As part of the ranger development we have found that there are various
pieces of the infrastructure that can be used independently, and we’d
like to document them in the hopes that they are useful to others. We
will be contributing short posts documenting parts of the ranger, which
we hope can become part of a more persistent documentation (wiki?
Internal docs?).
This first post is an introduction to accessing ranges throughout the
compiler that will serve as a basis for the upcoming posts.
Please let us know if anything is not clear, or if you'd like us to
expand on any particular topic...
Aldy & Andrew
The main goal of ranger is to provide a generic infrastructure for
accessing ranges (global or on-demand) from anywhere in the compiler,
with one common API. This API subsumes the global ranges we accessed
through SSA_NAME_RANGE_INFO, as well as on-demand ones with the ranger
proper.
The base class for querying ranges in the compiler is range_query and is
defined in value-query.h.
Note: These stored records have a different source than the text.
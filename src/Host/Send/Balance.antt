-- ===== src/Host/Send/Balance.antt =====
-- Buffers on all ways through the sending functions of host-core/src/host_wire.c.
use wl_hosted_core.Prelude.{
  ℕ, ◌+◌, ◌≡◌, refl, arith, Bool, true, List, Option, none, some, ◌==◌, Bool-cases, inl, inr,
  length,
}
use wl_hosted_core.Protocol.Result.{Wire, accept, reject, Span, null, bytes, span_size}
use wl_hosted_core.Protocol.Ids.{frame_header_size, rpc_envelope_size}
use wl_hosted_core.Protocol.Frame.{frame_encode}
use wl_hosted_core.Protocol.Rpc.{RpcEnvelope, rpc_encode}
use wl_hosted_core.Host.Types.{HostState, Call, Platform, Host}
use wl_hosted_core.Host.Types.Messages.{Message, credit_update}
use wl_hosted_core.Host.Effects.{record_call}
use wl_hosted_core.Host.Effects.Balance.{Balanced, acquired, released, set_state-Balanced}
use wl_hosted_core.Host.Send.{
  next_header, credit_envelope, rpc_channel, submit_frame, send_payload_frame_units,
  send_payload_frame, send_encoded, send_rpc, send_message_bytes, send_sized_message,
  send_rpc_message, send_credit_update,
}

-- One buffer more is freed or handed over than is acquired.
abbrev pub GivesUp : Host → Host → Type 0
GivesUp h h' = acquired h'.trace + released h.trace + 1 ≡ acquired h.trace + released h'.trace

module _ (p : Platform) where
  submit_frame-GivesUp :
      (h : Host) (channel : ℕ) (reserved : Bool) (units : ℕ) (w : Wire (List ℕ))
      → GivesUp h (submit_frame p h channel reserved units w).1
  unfolding submit_frame
  submit_frame-GivesUp h channel reserved units (reject code) = omega arith
  submit_frame-GivesUp h channel reserved units (accept frame) = ground arith

  -- Sending a payload acquires as many buffers as it frees or hands over, whatever its result.
  pub send_payload_frame_units-Balanced :
      (h : Host) (channel : ℕ) (payload : List ℕ) (reserved : Bool) (units : ℕ)
      → Balanced h (send_payload_frame_units p h channel payload reserved units).1
  unfolding send_payload_frame_units
  send_payload_frame_units-Balanced h channel payload reserved units =
      let size = frame_header_size + length payload in
      let h1 = record_call (Call.alloc size) h in
      ground (
        arith,
        set_state-Balanced p h HostState.congested,
        submit_frame-GivesUp h1 channel reserved units
            (frame_encode (some (next_header h1 channel)) (bytes payload) size),
      )

  send_encoded-GivesUp :
      (h : Host) (channel : ℕ) (reserved : Bool) (w : Wire (List ℕ))
      → GivesUp h (send_encoded p h channel reserved w).1
  unfolding send_encoded send_payload_frame
  send_encoded-GivesUp h channel reserved (reject code) = omega arith
  send_encoded-GivesUp h channel reserved (accept rpc) =
      omega (arith, send_payload_frame_units-Balanced h channel rpc reserved 1)

  pub send_rpc-Balanced :
      (h : Host) (e : RpcEnvelope) (payload : Span) (reserved : Bool)
      → Balanced h (send_rpc p h e payload reserved).1
  unfolding send_rpc
  send_rpc-Balanced h e payload reserved =
      let capacity = rpc_envelope_size + span_size payload in
      ground (
        arith,
        send_encoded-GivesUp (record_call (Call.alloc capacity) h) (rpc_channel e) reserved
            (rpc_encode (some e) payload capacity),
      )

  send_message_bytes-GivesUp :
      (h : Host) (e : RpcEnvelope) (n : ℕ) (reserved : Bool) (o : Option (List ℕ))
      → GivesUp h (send_message_bytes p h e n reserved o).1
  unfolding send_message_bytes
  send_message_bytes-GivesUp h e n reserved none = omega arith
  send_message_bytes-GivesUp h e n reserved (some payload) =
      ground (arith, send_rpc-Balanced h e (bytes payload) reserved)

  send_sized_message-Balanced :
      (h : Host) (e : RpcEnvelope) (message : Message) (reserved : Bool) (o : Option ℕ)
      → Balanced h (send_sized_message p h e message reserved o).1
  unfolding send_sized_message
  send_sized_message-Balanced h e message reserved none = refl
  send_sized_message-Balanced h e message reserved (some n) = ground (
    arith,
    send_rpc-Balanced h e (null 0) reserved,
    send_message_bytes-GivesUp (record_call (Call.alloc n) h) e n reserved (p.pb_encode message n),
  )

  -- Sending an RPC message acquires as many buffers as it frees or hands over, whatever its result.
  pub send_rpc_message-Balanced :
      (h : Host) (e : RpcEnvelope) (message : Message) (reserved : Bool)
      → Balanced h (send_rpc_message p h e message reserved).1
  unfolding send_rpc_message
  send_rpc_message-Balanced h e message reserved =
      send_sized_message-Balanced h e message reserved (p.pb_get_encoded_size message)

  -- Returning credit acquires as many buffers as it frees or hands over, whatever its result.
  pub send_credit_update-Balanced :
      (h : Host) (channel units : ℕ) → Balanced h (send_credit_update p h channel units).1
  unfolding send_credit_update
  send_credit_update-Balanced h channel units = elim (Bool-cases (units == 0)) [
    | inl none_due ↦ rw none_due refl
    | inr due ↦ rw due (
        send_rpc_message-Balanced h credit_envelope
          (credit_update (record { channel_id = channel; units = units })) true)
  ]
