-- ===== src/Host/Send/Units.antt =====
-- What a frame costs: host-core/src/host_wire.c, `send_payload_frame_units`.
use wl_hosted_core.Prelude.{
  ℕ, ◌+◌, ◌-◌, ◌≤◌, ◌≡◌, ◌⊎◌, refl, arith, Bool, true, false, ◌&&◌, ◌||◌, not, List, some, ltb,
  ◌==◌, Bool-cases, inl, inr, length, update, if◌then◌else◌,
}
use wl_hosted_core.Prelude.Word.{u16_max}
use wl_hosted_core.Protocol.Ids.{frame_header_size}
use wl_hosted_core.Protocol.Frame.{frame_encode}
use wl_hosted_core.Protocol.Result.{Wire, accept, reject, bytes}
use wl_hosted_core.Host.Types.{HostResult, HostState, Call, Platform, Host}
use wl_hosted_core.Host.Effects.{record_call, increment}
use wl_hosted_core.Host.Effects.Kept.{set_state-KeptTx}
use wl_hosted_core.Host.Send.{is_ok, next_header, submit_frame, send_payload_frame_units}

-- The account of a sent frame: the next number of its channel, and its price unless reserved.
abbrev pub Paid : Host → Host → ℕ → Bool → ℕ → Type 0
Paid h h' channel reserved units =
    (h'.tx_sequence ≡ update h.tx_sequence channel (increment (h.tx_sequence channel)))
    × (h'.tx_credit ≡ (
        if reserved then h.tx_credit else update h.tx_credit channel (h.tx_credit channel - units)))

-- The account of a frame that is not sent.
abbrev pub Unpaid : Host → Host → Type 0
Unpaid h h' = (h'.tx_sequence ≡ h.tx_sequence) × (h'.tx_credit ≡ h.tx_credit)

abbrev pub Account : Host → HostResult × Host → ℕ → Bool → ℕ → Type 0
Account h out channel reserved units =
    if is_ok out.0 then Paid h out.1 channel reserved units else Unpaid h out.1

module _ (p : Platform) where
  submit_frame-Account :
      (h : Host) (channel : ℕ) (reserved : Bool) (units : ℕ) (w : Wire (List ℕ))
      → Account h (submit_frame p h channel reserved units w) channel reserved units
  unfolding submit_frame
  submit_frame-Account h channel reserved units (reject code) = (refl, refl)
  submit_frame-Account h channel reserved units (accept frame) =
      elim (Bool-cases (p.submit_ok h.trace frame)) [
        | inl sent ↦ rw sent (refl, refl)
        | inr refused ↦ rw refused (refl, refl)
      ]

module _ (p : Platform) (h : Host) (channel : ℕ) (payload : List ℕ) (reserved : Bool)
    (units : ℕ) where
  -- A frame that is sent takes the next sequence number of its channel and, unless it is reserved,
  -- `units` of that channel's credit; no other number or credit changes. A frame that is not sent,
  -- for whatever reason, leaves all numbers and credits as they were.
  pub send_payload_frame_units-Account :
      Account h (send_payload_frame_units p h channel payload reserved units) channel reserved units
  unfolding send_payload_frame_units
  send_payload_frame_units-Account =
      let size = frame_header_size + length payload in
      let h1 = record_call (Call.alloc size) h in
      let w = frame_encode (some (next_header h1 channel)) (bytes payload) size in
      let poor-Unpaid = set_state-KeptTx p h HostState.congested in
      elim (Bool-cases
        (ltb (h.config).max_frame_size size || ltb u16_max (length payload) || units == 0)) [
          | inl bad ↦ rw bad (refl, refl)
          | inr good ↦
              rw good (elim (Bool-cases (not reserved && ltb (h.tx_credit channel) units)) [
                | inl poor ↦ rw poor (poor-Unpaid.tx_sequence, poor-Unpaid.tx_credit)
                | inr rich ↦ rw rich (elim (Bool-cases (p.alloc_ok h.trace size)) [
                  | inl allocated ↦
                      rw allocated (submit_frame-Account p h1 channel reserved units w)
                  | inr refused ↦ rw refused (refl, refl)
                ])
              ])
        ]

  poor_refused :
      reserved ≡ false
      → ltb (h.tx_credit channel) units ≡ true
      → is_ok (send_payload_frame_units p h channel payload reserved units).0 ≡ false
  unfolding send_payload_frame_units
  poor_refused unreserved poor =
      let size = frame_header_size + length payload in
      rw unreserved (
        rw poor
          (elim (Bool-cases
            (ltb (h.config).max_frame_size size || ltb u16_max (length payload) || units == 0)) [
              | inl bad ↦ rw bad refl
              | inr good ↦ rw good refl
            ]))

  -- Only a reserved frame, or one whose channel has the credit for it, is sent.
  pub send_payload_frame_units-affordable :
      is_ok (send_payload_frame_units p h channel payload reserved units).0 ≡ true
      → (reserved ≡ true) ⊎ (units ≤ h.tx_credit channel)
  send_payload_frame_units-affordable sent = elim (Bool-cases reserved) [
    | inl free ↦ inl free
    | inr charged ↦ elim (Bool-cases (ltb (h.tx_credit channel) units)) [
      | inl poor ↦ (let refused = poor_refused charged poor in cc)
      | inr rich ↦ inr (ground arith)
    ]
  ]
Instead of duplicating it here, I will list
the more typical access points:
bool range_of_expr (irange &r, tree expr, gimple *stmt = NULL);
Returns the range of a tree expression as a range in R, with an optional
gimple statement providing context. The tree expression EXPR can be
anything from an SSA, or constant, to a full complex expression such as
a binary or unary tree.
Upon return R will contain the range of EXPR as it would appear on entry
to STMT. If STMT is not specified, then it will be the global range of
EXPR. This function always returns true unless the type of EXPR is
unsupported (we currently support integers and pointers).
bool range_on_edge (irange &r, edge, tree expr);
Like range_of_expr, but instead of returning the range as it appears on
entry to a statement, this function returns the range as it would appear
on an edge.
bool range_of_stmt (irange &r, gimple *, tree name = NULL);
Returns the range of a gimple statement in R. NAME is an optional
SSA_NAME on the LHS of the statement. It is only required if there is
more than one LHS/output. This query will trigger requests for the range
of each operand on the statement and will use those to calculate the
resulting range. (ie, range_of_expr() will be called for each operand
using this statement as the context)
The above is the core API for anything range related. It can be used
with any range_query object, which ranger is one, and which even the
legacy vr_values is one.
Every struct function in the compiler has a range_query object
associated with it. By default, it is configured such that it returns
global ranges. That is, ranges that were globally assigned by previous
passes, such as evrp or VRP. These global ranges are what
SSA_NAME_RANGE_INFO and SSA_NAME_PTR_INFO used to be, but accessible
with one common API, and flexible in that they can return global ranges
for SSA names, constants, and even expressions.
To get the range_query object for a given function, use the following
with the above API:
range_query *get_range_query (struct function *);
The first step in using ranges in a pass, is to structure all queries
with the range API, on an object returned by get_range_query(). That’s
it. Your pass will be able to access ranges, albeit initially with
ranges that apply to the entire function (global ranges).
If your pass can benefit from context-aware ranges (on statements or
edges) or on-demand ranges (more up to date than global ones), you must
enable a ranger for your pass. This can be done by calling the
following on entry to the pass:
gimple_ranger *enable_ranger (struct function *fun);
And a corresponding call on exit from the pass:
void disable_ranger (struct function *fun);
No other changes are needed in your pass if you’re already using the
range_query API. You may continue using get_range_query(fun) since it
will return the current active range_query object (the enabled ranger in
this case).
You may notice that enable_ranger() returns a gimple_ranger object
(which is a derived class of range_query). This can be used for more
advanced operations on ranges (see gimple-range.h), but more
importantly, it can be used to export any ranges found throughout the
execution of your pass to the global space. If during range queries
done in your pass, the ranger discovers any globally applicable ranges,
they can be exported for use in subsequent passes by calling the
export_global_ranges() method from a gimple_ranger object:
your_pass()
{
gimple_ranger *ranger = enable-ranger (cfun);
do_stuff();
get_range_query ()->range_of_expr (.....);
get_range_query ()->range_on_edge (....);
do_stuff();
// Export any known ranges to the global space.
ranger->export_global_ranges ();
disable_ranger (cfun);
}
This means that on exit from the pass, a get_range_query()->range* can
be used to access globally applicable ranges that were found during
your_pass().
Note that due to the caching mechanism in the ranger, on-demand ranges
(available when enable_ranger() has been called in a pass) cannot
survive changes in the IL. Specifically if your pass changes the flow
control of the IL, you may have to delay altering the IL until after
disable_ranger() has been called.
Finally, you may notice that get_range_query() requires a struct
function, which may not be available in certain passes (i.e. RTL based
passes). If this is the case, you may explicitly request the global
range object, accessible with:
range_query *get_global_range_query ();
This function is only to be used when there is no struct function
available, or when the overhead of an on-demand lookup is not desired.
For example, when requesting the range of a tree expression in which you
only care about global ranges when resolving any SSAs in said expression.